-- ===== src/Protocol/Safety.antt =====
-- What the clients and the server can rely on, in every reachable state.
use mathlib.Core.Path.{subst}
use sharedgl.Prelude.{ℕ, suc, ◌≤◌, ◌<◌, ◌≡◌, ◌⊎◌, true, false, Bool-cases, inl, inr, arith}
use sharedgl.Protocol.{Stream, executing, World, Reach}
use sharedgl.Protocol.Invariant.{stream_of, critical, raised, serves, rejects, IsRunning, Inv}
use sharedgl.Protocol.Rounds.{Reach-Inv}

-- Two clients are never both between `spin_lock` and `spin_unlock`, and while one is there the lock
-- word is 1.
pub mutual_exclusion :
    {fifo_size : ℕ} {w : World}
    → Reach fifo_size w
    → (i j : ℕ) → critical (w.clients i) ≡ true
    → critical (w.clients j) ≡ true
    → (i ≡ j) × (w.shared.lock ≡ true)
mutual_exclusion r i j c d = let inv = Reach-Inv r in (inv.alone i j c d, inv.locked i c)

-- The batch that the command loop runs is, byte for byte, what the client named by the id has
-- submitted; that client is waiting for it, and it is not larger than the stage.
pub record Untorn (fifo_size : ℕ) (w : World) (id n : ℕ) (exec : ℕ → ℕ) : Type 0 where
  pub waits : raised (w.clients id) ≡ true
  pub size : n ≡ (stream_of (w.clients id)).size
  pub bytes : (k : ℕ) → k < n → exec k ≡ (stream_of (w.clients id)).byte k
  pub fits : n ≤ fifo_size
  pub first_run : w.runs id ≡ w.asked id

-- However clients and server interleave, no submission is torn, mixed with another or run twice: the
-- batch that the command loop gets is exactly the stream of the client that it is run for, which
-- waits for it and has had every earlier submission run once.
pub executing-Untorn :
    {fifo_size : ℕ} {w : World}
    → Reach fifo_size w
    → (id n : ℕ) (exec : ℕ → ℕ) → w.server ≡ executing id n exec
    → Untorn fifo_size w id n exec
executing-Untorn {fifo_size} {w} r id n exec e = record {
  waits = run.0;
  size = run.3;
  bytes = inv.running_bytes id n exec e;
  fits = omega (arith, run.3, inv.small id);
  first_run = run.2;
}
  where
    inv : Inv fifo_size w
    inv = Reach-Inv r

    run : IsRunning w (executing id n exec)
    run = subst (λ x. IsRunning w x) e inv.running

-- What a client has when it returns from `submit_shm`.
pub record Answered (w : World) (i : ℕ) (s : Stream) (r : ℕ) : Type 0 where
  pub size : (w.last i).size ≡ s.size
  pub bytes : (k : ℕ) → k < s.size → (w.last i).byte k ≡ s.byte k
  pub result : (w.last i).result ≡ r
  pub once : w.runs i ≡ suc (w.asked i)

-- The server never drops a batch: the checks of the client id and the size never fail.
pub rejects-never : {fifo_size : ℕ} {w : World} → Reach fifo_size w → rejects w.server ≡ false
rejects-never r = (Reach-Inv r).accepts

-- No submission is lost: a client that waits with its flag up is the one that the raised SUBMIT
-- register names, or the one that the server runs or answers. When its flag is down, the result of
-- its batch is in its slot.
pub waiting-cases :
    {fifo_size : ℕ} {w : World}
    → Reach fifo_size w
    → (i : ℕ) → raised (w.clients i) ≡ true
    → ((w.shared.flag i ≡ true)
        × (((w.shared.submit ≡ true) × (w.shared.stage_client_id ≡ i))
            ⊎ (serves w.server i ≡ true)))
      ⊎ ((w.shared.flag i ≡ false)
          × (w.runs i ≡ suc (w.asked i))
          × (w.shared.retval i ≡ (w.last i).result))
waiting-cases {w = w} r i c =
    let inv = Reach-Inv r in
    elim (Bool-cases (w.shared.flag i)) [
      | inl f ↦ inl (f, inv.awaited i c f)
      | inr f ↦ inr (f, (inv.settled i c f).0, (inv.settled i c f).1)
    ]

==*==

-- REQUIRED ACTION --
Reproduce the entries exactly, but only from their first line to the line holding "(w.shared.lock ≡ true)", with that last line kept.

-- SOLUTION TO THIS TASK --
-- ===== src/Protocol/Safety.antt =====
-- What the clients and the server can rely on, in every reachable state.
use mathlib.Core.Path.{subst}
use sharedgl.Prelude.{ℕ, suc, ◌≤◌, ◌<◌, ◌≡◌, ◌⊎◌, true, false, Bool-cases, inl, inr, arith}
use sharedgl.Protocol.{Stream, executing, World, Reach}
use sharedgl.Protocol.Invariant.{stream_of, critical, raised, serves, rejects, IsRunning, Inv}
use sharedgl.Protocol.Rounds.{Reach-Inv}

-- Two clients are never both between `spin_lock` and `spin_unlock`, and while one is there the lock
-- word is 1.
pub mutual_exclusion :
    {fifo_size : ℕ} {w : World}
    → Reach fifo_size w
    → (i j : ℕ) → critical (w.clients i) ≡ true
    → critical (w.clients j) ≡ true
    → (i ≡ j) × (w.shared.lock ≡ true)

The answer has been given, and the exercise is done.